* **DESCRIPTION OF THE TASK**
Write the data below out in full, exactly as it stands.

* **PROVIDED RECORDS**
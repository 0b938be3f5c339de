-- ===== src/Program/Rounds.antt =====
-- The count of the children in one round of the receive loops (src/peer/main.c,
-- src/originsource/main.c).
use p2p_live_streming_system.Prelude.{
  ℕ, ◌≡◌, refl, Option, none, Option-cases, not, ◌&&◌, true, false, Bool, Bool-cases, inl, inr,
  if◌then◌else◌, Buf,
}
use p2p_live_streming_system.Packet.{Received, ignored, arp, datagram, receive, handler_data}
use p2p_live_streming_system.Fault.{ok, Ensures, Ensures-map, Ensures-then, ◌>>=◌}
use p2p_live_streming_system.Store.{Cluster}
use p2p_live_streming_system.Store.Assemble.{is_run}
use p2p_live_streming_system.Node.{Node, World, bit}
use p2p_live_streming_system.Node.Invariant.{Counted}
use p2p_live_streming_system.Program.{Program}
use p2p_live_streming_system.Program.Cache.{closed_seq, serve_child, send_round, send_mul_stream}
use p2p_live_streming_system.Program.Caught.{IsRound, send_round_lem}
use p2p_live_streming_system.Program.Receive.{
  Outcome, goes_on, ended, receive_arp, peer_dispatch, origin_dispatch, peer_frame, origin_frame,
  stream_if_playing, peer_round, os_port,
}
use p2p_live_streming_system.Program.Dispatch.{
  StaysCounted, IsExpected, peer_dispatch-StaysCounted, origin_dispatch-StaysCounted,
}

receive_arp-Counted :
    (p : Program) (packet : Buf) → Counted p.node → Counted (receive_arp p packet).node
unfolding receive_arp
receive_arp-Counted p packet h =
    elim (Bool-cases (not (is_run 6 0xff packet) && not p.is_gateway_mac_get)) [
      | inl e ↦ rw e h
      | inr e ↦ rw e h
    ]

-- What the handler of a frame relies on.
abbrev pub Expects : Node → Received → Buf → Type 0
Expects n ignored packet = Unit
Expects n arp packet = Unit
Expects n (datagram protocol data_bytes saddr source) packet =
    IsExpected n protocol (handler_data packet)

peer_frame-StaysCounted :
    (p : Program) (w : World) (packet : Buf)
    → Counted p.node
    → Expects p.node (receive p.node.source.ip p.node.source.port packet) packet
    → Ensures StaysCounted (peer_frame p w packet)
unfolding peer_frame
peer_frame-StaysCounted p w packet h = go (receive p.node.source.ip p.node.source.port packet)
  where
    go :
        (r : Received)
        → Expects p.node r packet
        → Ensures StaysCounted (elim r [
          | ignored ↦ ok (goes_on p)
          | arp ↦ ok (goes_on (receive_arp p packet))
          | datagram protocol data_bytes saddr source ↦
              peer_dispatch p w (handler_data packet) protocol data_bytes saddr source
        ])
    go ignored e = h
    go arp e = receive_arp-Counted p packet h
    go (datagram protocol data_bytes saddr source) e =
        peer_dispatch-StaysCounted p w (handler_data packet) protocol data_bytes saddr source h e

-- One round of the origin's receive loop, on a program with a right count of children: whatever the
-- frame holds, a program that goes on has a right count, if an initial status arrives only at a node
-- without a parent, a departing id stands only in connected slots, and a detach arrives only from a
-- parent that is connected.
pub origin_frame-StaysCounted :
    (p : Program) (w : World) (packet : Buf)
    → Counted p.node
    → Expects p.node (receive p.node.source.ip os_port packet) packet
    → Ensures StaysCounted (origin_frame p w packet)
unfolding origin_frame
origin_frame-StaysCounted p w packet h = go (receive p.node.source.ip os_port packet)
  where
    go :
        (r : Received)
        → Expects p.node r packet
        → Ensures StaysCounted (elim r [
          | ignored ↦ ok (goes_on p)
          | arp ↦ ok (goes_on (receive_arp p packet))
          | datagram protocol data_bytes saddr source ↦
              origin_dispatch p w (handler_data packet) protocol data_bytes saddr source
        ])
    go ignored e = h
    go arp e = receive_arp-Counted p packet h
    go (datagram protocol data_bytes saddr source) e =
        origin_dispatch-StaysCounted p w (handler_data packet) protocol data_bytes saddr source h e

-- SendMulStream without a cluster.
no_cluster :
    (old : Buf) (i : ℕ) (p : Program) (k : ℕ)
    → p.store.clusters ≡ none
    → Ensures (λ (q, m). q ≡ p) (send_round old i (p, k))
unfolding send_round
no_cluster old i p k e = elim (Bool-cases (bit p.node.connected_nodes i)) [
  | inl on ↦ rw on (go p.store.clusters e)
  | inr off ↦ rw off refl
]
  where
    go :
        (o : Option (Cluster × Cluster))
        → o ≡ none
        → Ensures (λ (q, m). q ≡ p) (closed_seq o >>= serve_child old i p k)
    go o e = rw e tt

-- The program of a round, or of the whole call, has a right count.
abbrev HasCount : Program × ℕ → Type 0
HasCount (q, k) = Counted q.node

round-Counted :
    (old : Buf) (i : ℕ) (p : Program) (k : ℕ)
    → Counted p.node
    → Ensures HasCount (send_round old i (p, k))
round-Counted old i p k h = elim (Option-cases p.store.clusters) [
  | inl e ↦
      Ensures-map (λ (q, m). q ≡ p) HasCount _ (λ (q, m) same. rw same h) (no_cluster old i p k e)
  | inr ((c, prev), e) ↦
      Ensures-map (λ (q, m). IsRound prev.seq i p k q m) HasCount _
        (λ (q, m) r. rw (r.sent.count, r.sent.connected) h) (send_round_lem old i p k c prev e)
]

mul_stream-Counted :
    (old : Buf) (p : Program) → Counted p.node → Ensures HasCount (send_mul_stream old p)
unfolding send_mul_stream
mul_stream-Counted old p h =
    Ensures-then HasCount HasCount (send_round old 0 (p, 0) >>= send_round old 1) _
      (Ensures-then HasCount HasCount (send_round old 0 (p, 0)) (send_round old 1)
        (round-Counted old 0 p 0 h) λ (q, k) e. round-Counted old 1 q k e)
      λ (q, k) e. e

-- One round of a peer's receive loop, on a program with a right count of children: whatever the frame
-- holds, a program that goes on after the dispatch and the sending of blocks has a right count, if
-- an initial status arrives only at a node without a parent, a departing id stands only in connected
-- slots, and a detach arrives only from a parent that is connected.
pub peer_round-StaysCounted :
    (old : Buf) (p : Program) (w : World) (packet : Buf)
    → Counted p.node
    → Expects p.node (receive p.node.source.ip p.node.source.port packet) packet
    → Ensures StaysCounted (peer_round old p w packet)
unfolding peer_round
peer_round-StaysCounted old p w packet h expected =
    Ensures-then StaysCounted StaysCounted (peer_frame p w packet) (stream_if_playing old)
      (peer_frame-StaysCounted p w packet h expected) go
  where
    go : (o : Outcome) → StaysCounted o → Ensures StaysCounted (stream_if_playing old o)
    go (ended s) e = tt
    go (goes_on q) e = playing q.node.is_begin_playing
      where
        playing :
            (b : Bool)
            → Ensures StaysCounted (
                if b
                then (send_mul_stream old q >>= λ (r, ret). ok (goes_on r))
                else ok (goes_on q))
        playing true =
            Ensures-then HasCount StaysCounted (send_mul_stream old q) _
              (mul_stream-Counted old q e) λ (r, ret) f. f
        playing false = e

* **RESPONSE AREA**
repository 0b938be3f5c339de
-- ===== src/Program/Rounds.antt =====
-- The count of the children in one round of the receive loops (src/peer/main.c,
-- src/originsource/main.c).
use p2p_live_streming_system.Prelude.{
  ℕ, ◌≡◌, refl, Option, none, Option-cases, not, ◌&&◌, true, false, Bool, Bool-cases, inl, inr,
  if◌then◌else◌, Buf,
}
use p2p_live_streming_system.Packet.{Received, ignored, arp, datagram, receive, handler_data}
use p2p_live_streming_system.Fault.{ok, Ensures, Ensures-map, Ensures-then, ◌>>=◌}
use p2p_live_streming_system.Store.{Cluster}
use p2p_live_streming_system.Store.Assemble.{is_run}
use p2p_live_streming_system.Node.{Node, World, bit}
use p2p_live_streming_system.Node.Invariant.{Counted}
use p2p_live_streming_system.Program.{Program}
use p2p_live_streming_system.Program.Cache.{closed_seq, serve_child, send_round, send_mul_stream}
use p2p_live_streming_system.Program.Caught.{IsRound, send_round_lem}
use p2p_live_streming_system.Program.Receive.{
  Outcome, goes_on, ended, receive_arp, peer_dispatch, origin_dispatch, peer_frame, origin_frame,
  stream_if_playing, peer_round, os_port,
}
use p2p_live_streming_system.Program.Dispatch.{
  StaysCounted, IsExpected, peer_dispatch-StaysCounted, origin_dispatch-StaysCounted,
}

receive_arp-Counted :
    (p : Program) (packet : Buf) → Counted p.node → Counted (receive_arp p packet).node
unfolding receive_arp
receive_arp-Counted p packet h =
    elim (Bool-cases (not (is_run 6 0xff packet) && not p.is_gateway_mac_get)) [
      | inl e ↦ rw e h
      | inr e ↦ rw e h
    ]

-- What the handler of a frame relies on.
abbrev pub Expects : Node → Received → Buf → Type 0
Expects n ignored packet = Unit
Expects n arp packet = Unit
Expects n (datagram protocol data_bytes saddr source) packet =
    IsExpected n protocol (handler_data packet)

peer_frame-StaysCounted :
    (p : Program) (w : World) (packet : Buf)
    → Counted p.node
    → Expects p.node (receive p.node.source.ip p.node.source.port packet) packet
    → Ensures StaysCounted (peer_frame p w packet)
unfolding peer_frame
peer_frame-StaysCounted p w packet h = go (receive p.node.source.ip p.node.source.port packet)
  where
    go :
        (r : Received)
        → Expects p.node r packet
        → Ensures StaysCounted (elim r [
          | ignored ↦ ok (goes_on p)
          | arp ↦ ok (goes_on (receive_arp p packet))
          | datagram protocol data_bytes saddr source ↦
              peer_dispatch p w (handler_data packet) protocol data_bytes saddr source
        ])
    go ignored e = h
    go arp e = receive_arp-Counted p packet h
    go (datagram protocol data_bytes saddr source) e =
        peer_dispatch-StaysCounted p w (handler_data packet) protocol data_bytes saddr source h e

-- One round of the origin's receive loop, on a program with a right count of children: whatever the
-- frame holds, a program that goes on has a right count, if an initial status arrives only at a node
-- without a parent, a departing id stands only in connected slots, and a detach arrives only from a
-- parent that is connected.
pub origin_frame-StaysCounted :
    (p : Program) (w : World) (packet : Buf)
    → Counted p.node
    → Expects p.node (receive p.node.source.ip os_port packet) packet
    → Ensures StaysCounted (origin_frame p w packet)
unfolding origin_frame
origin_frame-StaysCounted p w packet h = go (receive p.node.source.ip os_port packet)
  where
    go :
        (r : Received)
        → Expects p.node r packet
        → Ensures StaysCounted (elim r [
          | ignored ↦ ok (goes_on p)
          | arp ↦ ok (goes_on (receive_arp p packet))
          | datagram protocol data_bytes saddr source ↦
              origin_dispatch p w (handler_data packet) protocol data_bytes saddr source
        ])
    go ignored e = h
    go arp e = receive_arp-Counted p packet h
    go (datagram protocol data_bytes saddr source) e =
        origin_dispatch-StaysCounted p w (handler_data packet) protocol data_bytes saddr source h e

-- SendMulStream without a cluster.
no_cluster :
    (old : Buf) (i : ℕ) (p : Program) (k : ℕ)
    → p.store.clusters ≡ none
    → Ensures (λ (q, m). q ≡ p) (send_round old i (p, k))
unfolding send_round
no_cluster old i p k e = elim (Bool-cases (bit p.node.connected_nodes i)) [
  | inl on ↦ rw on (go p.store.clusters e)
  | inr off ↦ rw off refl
]
  where
    go :
        (o : Option (Cluster × Cluster))
        → o ≡ none
        → Ensures (λ (q, m). q ≡ p) (closed_seq o >>= serve_child old i p k)
    go o e = rw e tt

-- The program of a round, or of the whole call, has a right count.
abbrev HasCount : Program × ℕ → Type 0
HasCount (q, k) = Counted q.node

round-Counted :
    (old : Buf) (i : ℕ) (p : Program) (k : ℕ)
    → Counted p.node
    → Ensures HasCount (send_round old i (p, k))
round-Counted old i p k h = elim (Option-cases p.store.clusters) [
  | inl e ↦
      Ensures-map (λ (q, m). q ≡ p) HasCount _ (λ (q, m) same. rw same h) (no_cluster old i p k e)
  | inr ((c, prev), e) ↦
      Ensures-map (λ (q, m). IsRound prev.seq i p k q m) HasCount _
        (λ (q, m) r. rw (r.sent.count, r.sent.connected) h) (send_round_lem old i p k c prev e)
]

mul_stream-Counted :
    (old : Buf) (p : Program) → Counted p.node → Ensures HasCount (send_mul_stream old p)
unfolding send_mul_stream
mul_stream-Counted old p h =
    Ensures-then HasCount HasCount (send_round old 0 (p, 0) >>= send_round old 1) _
      (Ensures-then HasCount HasCount (send_round old 0 (p, 0)) (send_round old 1)
        (round-Counted old 0 p 0 h) λ (q, k) e. round-Counted old 1 q k e)
      λ (q, k) e. e

-- One round of a peer's receive loop, on a program with a right count of children: whatever the frame
-- holds, a program that goes on after the dispatch and the sending of blocks has a right count, if
-- an initial status arrives only at a node without a parent, a departing id stands only in connected
-- slots, and a detach arrives only from a parent that is connected.
pub peer_round-StaysCounted :
    (old : Buf) (p : Program) (w : World) (packet : Buf)
    → Counted p.node
    → Expects p.node (receive p.node.source.ip p.node.source.port packet) packet
    → Ensures StaysCounted (peer_round old p w packet)
unfolding peer_round
peer_round-StaysCounted old p w packet h expected =
    Ensures-then StaysCounted StaysCounted (peer_frame p w packet) (stream_if_playing old)
      (peer_frame-StaysCounted p w packet h expected) go
  where
    go : (o : Outcome) → StaysCounted o → Ensures StaysCounted (stream_if_playing old o)
    go (ended s) e = tt
    go (goes_on q) e = playing q.node.is_begin_playing
      where
        playing :
            (b : Bool)
            → Ensures StaysCounted (
                if b
                then (send_mul_stream old q >>= λ (r, ret). ok (goes_on r))
                else ok (goes_on q))
        playing true =
            Ensures-then HasCount StaysCounted (send_mul_stream old q) _
              (mul_stream-Counted old q e) λ (r, ret) f. f
        playing false = e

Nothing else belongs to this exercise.